L'originalité des serveurs LDAP consiste en ce que l'utilisateur devra
s'authentifier en se présentant comme une entrée de l'annuaire.
Au lieu du traditionnel login utilisé par d'autres types
d'applications, un DN devra être fourni.
L'opération bind est l'opération de
connexion et d'authentification auprès d'un serveur annuaire en
endossant l'identité d'une entrée. Cette opération peut
être simple, auquel cas l'utilisateur doit donner un mot de
passe, ou bien elle peut prendre en paramètre un jeton SASL.
6. Étendre LDAP
Dès la conception du protocole LDAP dans sa version 3,
il a été prévu d'y intégrer la possibilité
d'étendre la norme, soit en modifiant le comportement des
opérations existantes, soit en ajoutant des nouvelles opérations.

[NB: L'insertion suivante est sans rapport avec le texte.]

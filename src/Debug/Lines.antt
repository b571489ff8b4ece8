-- ===== src/Debug/Lines.antt =====
-- The lines that a debug connection reads (`connection` of src/instance.cpp): each is sent to the actor
-- itself as ["dispatch", line].
use thespian.Prelude.{
  ℕ, zero, suc, ◌<◌, ◌≤◌, ◌≡◌, refl, sym, ap, ◌∙◌, true, false, List, [], ◌∷◌, ◌++◌, Option, none,
  some, ◌==◌, if◌then◌else◌, length, append_assoc, append-nil, map, All, Bool-cases, inl, inr, ◌⊎◌,
  subst, arith,
}
use thespian.Cbor.Result.{Bytes}
use thespian.Actor.Messages.{concat}

pub data Effect : Type 0 where
  dispatch : Bytes → Effect
  read_socket : Effect
  close_socket : Effect

abbrev longer : ℕ → Option (Bytes × Bytes) → Option (Bytes × Bytes)
longer c none = none
longer c (some (line, rest)) = some (c ∷ line, rest)

-- `find_first_of('\n')`, with what is before and behind it.
unfoldable pub cut : Bytes → Option (Bytes × Bytes)
cut [] = none
cut (c ∷ cs) = let more = longer c (cut cs) in if c == 10 then some ([], cs) else more

-- The loop over the buffer: each round takes a character at least.
unfoldable pub read_lines : ℕ → Bytes → List Bytes × Bytes
unfolding cut
read_lines zero buf = ([], buf)
read_lines (suc f) buf = elim (cut buf) [
  | none ↦ ([], buf)
  | some (line, rest) ↦ let (lines, left) = read_lines f rest in (line ∷ lines, left)
]

-- The branch of `read_complete`: `prev_buf` is what was left of the reads before.
unfoldable pub read_complete : Bytes → Bytes → List Effect × Bytes
unfolding read_lines
read_complete [] prev_buf = (close_socket ∷ [], prev_buf)
read_complete (c ∷ cs) prev_buf =
    let buf = prev_buf ++ (c ∷ cs) in
    let (lines, left) = read_lines (length buf) buf in
    (map dispatch lines ++ (read_socket ∷ []), left)

-- The lines that are sent on.
abbrev pub dispatched : List Effect → List Bytes
dispatched [] = []
dispatched (dispatch line ∷ es) = line ∷ dispatched es
dispatched (read_socket ∷ es) = dispatched es
dispatched (close_socket ∷ es) = dispatched es

-- The lines of a series of reads, and what is left.
unfoldable pub reads : List Bytes → Bytes → List Bytes × Bytes
unfolding read_complete
reads [] prev_buf = ([], prev_buf)
reads (chunk ∷ chunks) prev_buf =
    let (es, left) = read_complete chunk prev_buf in
    let (lines, left') = reads chunks left in (dispatched es ++ lines, left')

-- The lines of a text, and what is behind the last newline.
abbrev before : ℕ → List Bytes × Bytes → List Bytes × Bytes
before c ([], left) = ([], c ∷ left)
before c (line ∷ lines, left) = ((c ∷ line) ∷ lines, left)

abbrev line_end : List Bytes × Bytes → List Bytes × Bytes
line_end (lines, left) = ([] ∷ lines, left)

unfoldable pub lines_of : Bytes → List Bytes × Bytes
lines_of [] = ([], [])
lines_of (c ∷ cs) = let r = lines_of cs in if c == 10 then line_end r else before c r

-- Lines that come before others.
abbrev after : List Bytes → List Bytes × Bytes → List Bytes × Bytes
after lines (lines', left) = (lines ++ lines', left)

lines_of_end : (cs : Bytes) → lines_of (10 ∷ cs) ≡ line_end (lines_of cs)
unfolding lines_of
lines_of_end cs = refl

lines_of_other :
    (c : ℕ) (cs : Bytes) → (c == 10) ≡ false → lines_of (c ∷ cs) ≡ before c (lines_of cs)
unfolding lines_of
lines_of_other c cs e = rw (e, lines_of) refl

cut_other : (c : ℕ) (cs : Bytes) → (c == 10) ≡ false → cut (c ∷ cs) ≡ longer c (cut cs)
unfolding cut
cut_other c cs e = rw (e, cut) refl

lines_of_newline :
    (c : ℕ) (cs : Bytes) → (c == 10) ≡ true → lines_of (c ∷ cs) ≡ line_end (lines_of cs)
unfolding lines_of
lines_of_newline c cs e = rw (e, lines_of) refl

cut_newline : (c : ℕ) (cs : Bytes) → (c == 10) ≡ true → cut (c ∷ cs) ≡ some ([], cs)
unfolding cut
cut_newline c cs e = rw (e, cut) refl

lines_of-append :
    (xs ys : Bytes) → lines_of (xs ++ ys) ≡ after (lines_of xs).0 (lines_of ((lines_of xs).1 ++ ys))
unfolding lines_of
lines_of-append [] ys = refl
lines_of-append (c ∷ xs) ys = elim (Bool-cases (c == 10)) [
  | inl e ↦
      lines_of_newline c (xs ++ ys) e
      ∙ ap line_end (lines_of-append xs ys)
      ∙ ap rest_of (sym (lines_of_newline c xs e))
  | inr e ↦
      lines_of_other c (xs ++ ys) e
      ∙ ap (before c) (lines_of-append xs ys)
      ∙ joined e (lines_of xs)
      ∙ ap rest_of (sym (lines_of_other c xs e))
]
  where
    rest_of : List Bytes × Bytes → List Bytes × Bytes
    rest_of p = after p.0 (lines_of (p.1 ++ ys))

    joined :
        (c == 10) ≡ false
        → (p : List Bytes × Bytes)
        → before c (after p.0 (lines_of (p.1 ++ ys))) ≡ rest_of (before c p)
    joined e ([], t) = sym (lines_of_other c (t ++ ys) e)
    joined e (l ∷ ls, t) = refl

lines_of-left : (xs : Bytes) → lines_of (lines_of xs).1 ≡ ([], (lines_of xs).1)
unfolding lines_of
lines_of-left [] = refl
lines_of-left (c ∷ xs) = elim (Bool-cases (c == 10)) [
  | inl e ↦ subst IsLeft (sym (lines_of_newline c xs e)) (lines_of-left xs)
  | inr e ↦
      subst IsLeft (sym (lines_of_other c xs e)) (longer_left e (lines_of xs) (lines_of-left xs))
]
  where
    IsLeft : List Bytes × Bytes → Type 0
    IsLeft p = lines_of p.1 ≡ ([], p.1)

    longer_left : (c == 10) ≡ false → (p : List Bytes × Bytes) → IsLeft p → IsLeft (before c p)
    longer_left e ([], t) h = lines_of_other c t e ∙ ap (before c) h
    longer_left e (l ∷ ls, t) h = h

cut_lem :
    (buf : Bytes)
    → ((cut buf ≡ none) × (lines_of buf ≡ ([], buf)))
      ⊎ ((l : Bytes) × (r : Bytes) × (cut buf ≡ some (l, r))
          × (lines_of buf ≡ after (l ∷ []) (lines_of r))
          × (length r < length buf))
cut_lem [] = inl (unfold cut in refl, unfold lines_of in refl)
cut_lem (c ∷ cs) = elim (Bool-cases (c == 10)) [
  | inl e ↦ inr ([], cs, cut_newline c cs e, lines_of_newline c cs e, omega arith)
  | inr e ↦ elim (cut_lem cs) [
    | inl (a, b) ↦ inl (cut_other c cs e ∙ ap (longer c) a, lines_of_other c cs e ∙ ap (before c) b)
    | inr (l, r, a, b, n) ↦ inr (
      c ∷ l,
      r,
      cut_other c cs e ∙ ap (longer c) a,
      lines_of_other c cs e ∙ ap (before c) b,
      omega arith,
    )
  ]
]

read_lines-lines_of : (f : ℕ) (buf : Bytes) → length buf ≤ f → read_lines f buf ≡ lines_of buf
unfolding read_lines
read_lines-lines_of zero [] h = unfold lines_of in refl
read_lines-lines_of zero (c ∷ cs) h = absurd (omega arith)
read_lines-lines_of (suc f) buf h = elim (cut_lem buf) [
  | inl (a, b) ↦ rw (a, read_lines) (sym b)
  | inr (l, r, a, b, n) ↦
      rw (a, read_lines) (ap (after (l ∷ [])) (read_lines-lines_of f r (omega arith)) ∙ sym b)
]

dispatched-map :
    (lines : List Bytes) → dispatched (map dispatch lines ++ (read_socket ∷ [])) ≡ lines
dispatched-map [] = refl
dispatched-map (l ∷ lines) = ap (λ ls. l ∷ ls) (dispatched-map lines)

abbrev pub IsFilled : Bytes → Type 0
IsFilled [] = ⊥
IsFilled (c ∷ cs) = Unit

-- Whatever the parts are in which a text is read, the connection dispatches the lines of the whole text,
-- each once and in order, and keeps what is behind the last newline for the next read.
pub reads-lines_of :
    (chunks : List Bytes) (prev_buf : Bytes)
    → All IsFilled chunks
    → lines_of prev_buf ≡ ([], prev_buf)
    → reads chunks prev_buf ≡ lines_of (prev_buf ++ concat chunks)
unfolding reads read_complete concat
reads-lines_of [] prev_buf hc h = sym h ∙ ap lines_of (sym (append-nil prev_buf))
reads-lines_of ([] ∷ chunks) prev_buf hc h = absurd hc.0
reads-lines_of ((c ∷ cs) ∷ chunks) prev_buf hc h =
    let buf = prev_buf ++ (c ∷ cs) in
    let whole = read_lines-lines_of (length buf) buf (omega arith) in
    ap
      (λ (p : List Bytes × Bytes).
        let r = reads chunks p.1 in
        (dispatched (map dispatch p.0 ++ (read_socket ∷ [])) ++ r.0, r.1))
      whole
    ∙ ap (λ ls. after ls (reads chunks (lines_of buf).1)) (dispatched-map (lines_of buf).0)
    ∙ ap (after (lines_of buf).0) (reads-lines_of chunks (lines_of buf).1 hc.1 (lines_of-left buf))
    ∙ sym (lines_of-append buf (concat chunks))
    ∙ ap lines_of (append_assoc prev_buf (c ∷ cs) (concat chunks))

Nous allons dans cette section décrire ces deux possibilités.
a. Les contrôles
Les contrôles sont un mécanisme qui permet de
modifier le comportement des opérations standard. Ils sont
envoyés par le client au serveur, en même temps qu'une
requête classique. Ils sont décrits dans le paragraphe 4.1.12 de
la [rfc2251].
Dans une requête, un contrôle est
caractérisé par :
|
Type
|
Il s'agit d'un identifiant du contrôle, sous la forme d'un
OID
|
|
Criticité
|
Un booléen qui indique si le contrôle est critique
ou pas. Si le contrôle est signalé comme étant critique par
le client, le serveur doit absolument exécuter la requête avec le
contrôle associé. S'il ne le peut pas, par exemple parce qu'il
n'implémente pas le contrôle ou parce que le contrôle est
inapproprié avec la requête demandée, il doit retourner
l'erreur unsupportedCriticalExtension et ne pas exécuter la
requête
|
|
Valeur
|
Ce champs est utilisé pour transmettre des valeurs
supplémentaires ; son contenu dépend donc du contrôle
|
Tableau 8: les
contrôles
Les contrôles peuvent être aussi retournés
par un serveur dans une réponse à un client. Ainsi des
interactions sont possibles entre le client et le serveur. Un exemple d'une
telle interaction est le contrôle de recherche paginée,
défini dans la [rfc2696] et supporté par Openldap à partir
de version 2.2.
Ce contrôle permet à un client d'effectuer une
recherche, et de récupérer le résultat de sa recherche par
blocs, au lieu de recevoir toutes les entrées en une seule fois.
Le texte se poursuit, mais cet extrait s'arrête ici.